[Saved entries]

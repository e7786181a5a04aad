-- ===== src/Io/Raw.antt =====
-- internal/vclpoll/cgo.go, lines 1186 to 1219 and 1383 to 1413: one attempt of each call, by what
-- libvppcom returns.
use vclnet.Base.{ℕ, ℤ, pos, negsuc, [], ◌∷◌, false, ◌==◌, if◌then◌else◌}
use vclnet.Errors.{Result, ok, err, vpp_err}
use vclnet.Wait.{Vlsh, epoll_in, epoll_out}
use vclnet.Vls.Addr.{AddrInfo, received_addr}
use vclnet.Vls.Calls.{Endpoint, is_negative}

-- The calls, with the lengths of their buffers.
pub data Op : Type 0 where
  read write recv_from : ℕ → Op
  send_to : ℕ → AddrInfo → Op
  accept_full : Op

abbrev pub Reply : Op → Type 0
Reply (read len) = ℕ
Reply (write len) = ℕ
Reply (recv_from len) = ℕ × AddrInfo
Reply (send_to len addr) = ℕ
Reply accept_full = Vlsh × AddrInfo

-- A return value, and the endpoint that libvppcom fills in.
pub record Answer : Type 0 where
  pub rv : ℤ
  pub peer : Endpoint

abbrev pub no_addr : AddrInfo
no_addr = record {
  ip = 0 ∷ 0 ∷ 0 ∷ 0 ∷ 0 ∷ 0 ∷ 0 ∷ 0 ∷ 0 ∷ 0 ∷ 0 ∷ 0 ∷ 0 ∷ 0 ∷ 0 ∷ 0 ∷ [];
  port = 0;
  is_v4 = false;
}

-- `if rv < 0 { return 0, vppErr(…) }`, then `return int(rv), nil`.
abbrev pub count_or_error : ℤ → Result ℕ
count_or_error (pos n) = ok n
count_or_error (negsuc n) = err (vpp_err (negsuc n))

abbrev pub with_addr : Endpoint → Result ℕ → Result (ℕ × AddrInfo)
with_addr peer (ok n) = ok (n, received_addr peer)
with_addr peer (err e) = err e

-- `rawRead`
unfoldable pub raw_read : ℕ → Answer → Result ℕ
raw_read len a = if len == 0 then ok 0 else count_or_error a.rv

-- `rawWrite`
unfoldable pub raw_write : ℕ → Answer → Result ℕ
raw_write len a = if len == 0 then ok 0 else count_or_error a.rv

-- `rawSendTo`
unfoldable pub raw_send_to : ℕ → Answer → Result ℕ
raw_send_to len a = if len == 0 then ok 0 else count_or_error a.rv

-- `rawRecvFrom`
unfoldable pub raw_recv_from : ℕ → Answer → Result (ℕ × AddrInfo)
raw_recv_from len a = if len == 0 then ok (0, no_addr) else with_addr a.peer (count_or_error a.rv)

-- `rawAcceptFull`
unfoldable pub raw_accept_full : Answer → Result (Vlsh × AddrInfo)
unfolding received_addr
raw_accept_full a = if is_negative a.rv then err (vpp_err a.rv) else ok (a.rv, received_addr a.peer)

-- The raw function of a call.
abbrev pub raw : (op : Op) → Answer → Result (Reply op)
raw (read len) a = raw_read len a
raw (write len) a = raw_write len a
raw (recv_from len) a = raw_recv_from len a
raw (send_to len addr) a = raw_send_to len a
raw accept_full a = raw_accept_full a

-- The readiness that a call waits for.
abbrev pub events_of : Op → ℕ
events_of (read len) = epoll_in
events_of (write len) = epoll_out
events_of (recv_from len) = epoll_in
events_of (send_to len addr) = epoll_out
events_of accept_full = epoll_in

== Exercise requirements ==
Each line shown above needs to be transcribed exactly.

== Answer area ==
repository e7786181a5a04aad
-- ===== src/Io/Raw.antt =====
-- internal/vclpoll/cgo.go, lines 1186 to 1219 and 1383 to 1413: one attempt of each call, by what
-- libvppcom returns.
use vclnet.Base.{ℕ, ℤ, pos, negsuc, [], ◌∷◌, false, ◌==◌, if◌then◌else◌}
use vclnet.Errors.{Result, ok, err, vpp_err}
use vclnet.Wait.{Vlsh, epoll_in, epoll_out}
use vclnet.Vls.Addr.{AddrInfo, received_addr}
use vclnet.Vls.Calls.{Endpoint, is_negative}

-- The calls, with the lengths of their buffers.
pub data Op : Type 0 where
  read write recv_from : ℕ → Op
  send_to : ℕ → AddrInfo → Op
  accept_full : Op

abbrev pub Reply : Op → Type 0
Reply (read len) = ℕ
Reply (write len) = ℕ
Reply (recv_from len) = ℕ × AddrInfo
Reply (send_to len addr) = ℕ
Reply accept_full = Vlsh × AddrInfo

-- A return value, and the endpoint that libvppcom fills in.
pub record Answer : Type 0 where
  pub rv : ℤ
  pub peer : Endpoint

abbrev pub no_addr : AddrInfo
no_addr = record {
  ip = 0 ∷ 0 ∷ 0 ∷ 0 ∷ 0 ∷ 0 ∷ 0 ∷ 0 ∷ 0 ∷ 0 ∷ 0 ∷ 0 ∷ 0 ∷ 0 ∷ 0 ∷ 0 ∷ [];
  port = 0;
  is_v4 = false;
}

-- `if rv < 0 { return 0, vppErr(…) }`, then `return int(rv), nil`.
abbrev pub count_or_error : ℤ → Result ℕ
count_or_error (pos n) = ok n
count_or_error (negsuc n) = err (vpp_err (negsuc n))

abbrev pub with_addr : Endpoint → Result ℕ → Result (ℕ × AddrInfo)
with_addr peer (ok n) = ok (n, received_addr peer)
with_addr peer (err e) = err e

-- `rawRead`
unfoldable pub raw_read : ℕ → Answer → Result ℕ
raw_read len a = if len == 0 then ok 0 else count_or_error a.rv

-- `rawWrite`
unfoldable pub raw_write : ℕ → Answer → Result ℕ
raw_write len a = if len == 0 then ok 0 else count_or_error a.rv

-- `rawSendTo`
unfoldable pub raw_send_to : ℕ → Answer → Result ℕ
raw_send_to len a = if len == 0 then ok 0 else count_or_error a.rv

-- `rawRecvFrom`
unfoldable pub raw_recv_from : ℕ → Answer → Result (ℕ × AddrInfo)
raw_recv_from len a = if len == 0 then ok (0, no_addr) else with_addr a.peer (count_or_error a.rv)

-- `rawAcceptFull`
unfoldable pub raw_accept_full : Answer → Result (Vlsh × AddrInfo)
unfolding received_addr
raw_accept_full a = if is_negative a.rv then err (vpp_err a.rv) else ok (a.rv, received_addr a.peer)

-- The raw function of a call.
abbrev pub raw : (op : Op) → Answer → Result (Reply op)
raw (read len) a = raw_read len a
raw (write len) a = raw_write len a
raw (recv_from len) a = raw_recv_from len a
raw (send_to len addr) a = raw_send_to len a
raw accept_full a = raw_accept_full a

-- The readiness that a call waits for.
abbrev pub events_of : Op → ℕ
events_of (read len) = epoll_in
events_of (write len) = epoll_out
events_of (recv_from len) = epoll_in
events_of (send_to len addr) = epoll_out
events_of accept_full = epoll_in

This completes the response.